Top of Information shown
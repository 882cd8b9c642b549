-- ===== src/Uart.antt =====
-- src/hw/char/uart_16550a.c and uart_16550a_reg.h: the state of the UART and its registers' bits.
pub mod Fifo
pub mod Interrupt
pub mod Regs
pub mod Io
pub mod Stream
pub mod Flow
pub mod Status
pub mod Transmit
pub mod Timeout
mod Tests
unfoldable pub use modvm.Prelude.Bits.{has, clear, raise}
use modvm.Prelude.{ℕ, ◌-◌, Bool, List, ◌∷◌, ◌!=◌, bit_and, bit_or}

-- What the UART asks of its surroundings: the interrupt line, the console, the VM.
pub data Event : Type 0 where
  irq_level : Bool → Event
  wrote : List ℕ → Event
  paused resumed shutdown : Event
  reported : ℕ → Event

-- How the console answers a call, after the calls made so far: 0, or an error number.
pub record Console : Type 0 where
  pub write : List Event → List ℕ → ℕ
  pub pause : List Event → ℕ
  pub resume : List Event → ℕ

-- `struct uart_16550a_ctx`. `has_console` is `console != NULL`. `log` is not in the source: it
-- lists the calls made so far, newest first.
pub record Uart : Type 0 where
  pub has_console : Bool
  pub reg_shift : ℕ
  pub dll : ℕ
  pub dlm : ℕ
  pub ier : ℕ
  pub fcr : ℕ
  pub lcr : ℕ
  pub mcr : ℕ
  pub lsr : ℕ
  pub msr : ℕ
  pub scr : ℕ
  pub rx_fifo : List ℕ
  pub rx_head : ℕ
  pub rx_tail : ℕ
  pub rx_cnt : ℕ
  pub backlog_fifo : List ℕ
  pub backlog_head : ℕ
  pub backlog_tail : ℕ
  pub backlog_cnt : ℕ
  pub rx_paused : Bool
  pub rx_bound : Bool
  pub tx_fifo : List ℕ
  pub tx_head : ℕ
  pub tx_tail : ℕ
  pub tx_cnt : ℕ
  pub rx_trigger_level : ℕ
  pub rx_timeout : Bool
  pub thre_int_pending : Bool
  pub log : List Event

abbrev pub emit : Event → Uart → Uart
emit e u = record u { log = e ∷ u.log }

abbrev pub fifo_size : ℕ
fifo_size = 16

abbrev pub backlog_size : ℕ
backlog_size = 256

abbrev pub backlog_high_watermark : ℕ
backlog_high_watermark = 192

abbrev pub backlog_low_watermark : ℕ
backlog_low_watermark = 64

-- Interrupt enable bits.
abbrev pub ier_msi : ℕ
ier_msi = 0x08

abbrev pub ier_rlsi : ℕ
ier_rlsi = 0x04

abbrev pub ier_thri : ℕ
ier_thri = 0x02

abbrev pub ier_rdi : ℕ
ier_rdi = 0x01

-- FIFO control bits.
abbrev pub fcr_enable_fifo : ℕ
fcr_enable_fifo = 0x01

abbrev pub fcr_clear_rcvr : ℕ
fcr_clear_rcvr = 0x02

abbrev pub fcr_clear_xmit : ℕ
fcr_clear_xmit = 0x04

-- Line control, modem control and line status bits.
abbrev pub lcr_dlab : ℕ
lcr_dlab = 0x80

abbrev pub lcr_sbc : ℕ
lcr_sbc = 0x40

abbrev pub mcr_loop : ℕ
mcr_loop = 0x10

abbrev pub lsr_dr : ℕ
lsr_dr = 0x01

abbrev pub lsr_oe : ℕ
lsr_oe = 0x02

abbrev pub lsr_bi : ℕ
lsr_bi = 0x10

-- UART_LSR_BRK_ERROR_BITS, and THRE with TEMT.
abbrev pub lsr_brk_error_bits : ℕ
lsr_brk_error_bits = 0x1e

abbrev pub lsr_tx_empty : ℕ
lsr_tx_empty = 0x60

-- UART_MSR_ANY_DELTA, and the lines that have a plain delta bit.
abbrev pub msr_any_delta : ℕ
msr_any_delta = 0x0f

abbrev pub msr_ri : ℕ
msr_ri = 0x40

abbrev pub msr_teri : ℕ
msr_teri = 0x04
Bottom of Information shown
● **Directions for this task**
Quote only the lines from the line containing "abbrev pub emit : Event → Uart → Uart" through the end of the entries, keeping the first and the last.

● **Output**
abbrev pub emit : Event → Uart → Uart
emit e u = record u { log = e ∷ u.log }

abbrev pub fifo_size : ℕ
fifo_size = 16

abbrev pub backlog_size : ℕ
backlog_size = 256

abbrev pub backlog_high_watermark : ℕ
backlog_high_watermark = 192

abbrev pub backlog_low_watermark : ℕ
backlog_low_watermark = 64

-- Interrupt enable bits.
abbrev pub ier_msi : ℕ
ier_msi = 0x08

abbrev pub ier_rlsi : ℕ
ier_rlsi = 0x04

abbrev pub ier_thri : ℕ
ier_thri = 0x02

abbrev pub ier_rdi : ℕ
ier_rdi = 0x01

-- FIFO control bits.
abbrev pub fcr_enable_fifo : ℕ
fcr_enable_fifo = 0x01

abbrev pub fcr_clear_rcvr : ℕ
fcr_clear_rcvr = 0x02

abbrev pub fcr_clear_xmit : ℕ
fcr_clear_xmit = 0x04

-- Line control, modem control and line status bits.
abbrev pub lcr_dlab : ℕ
lcr_dlab = 0x80

abbrev pub lcr_sbc : ℕ
lcr_sbc = 0x40

abbrev pub mcr_loop : ℕ
mcr_loop = 0x10

abbrev pub lsr_dr : ℕ
lsr_dr = 0x01

abbrev pub lsr_oe : ℕ
lsr_oe = 0x02

abbrev pub lsr_bi : ℕ
lsr_bi = 0x10

-- UART_LSR_BRK_ERROR_BITS, and THRE with TEMT.
abbrev pub lsr_brk_error_bits : ℕ
lsr_brk_error_bits = 0x1e

abbrev pub lsr_tx_empty : ℕ
lsr_tx_empty = 0x60

-- UART_MSR_ANY_DELTA, and the lines that have a plain delta bit.
abbrev pub msr_any_delta : ℕ
msr_any_delta = 0x0f

abbrev pub msr_ri : ℕ
msr_ri = 0x40

abbrev pub msr_teri : ℕ
msr_teri = 0x04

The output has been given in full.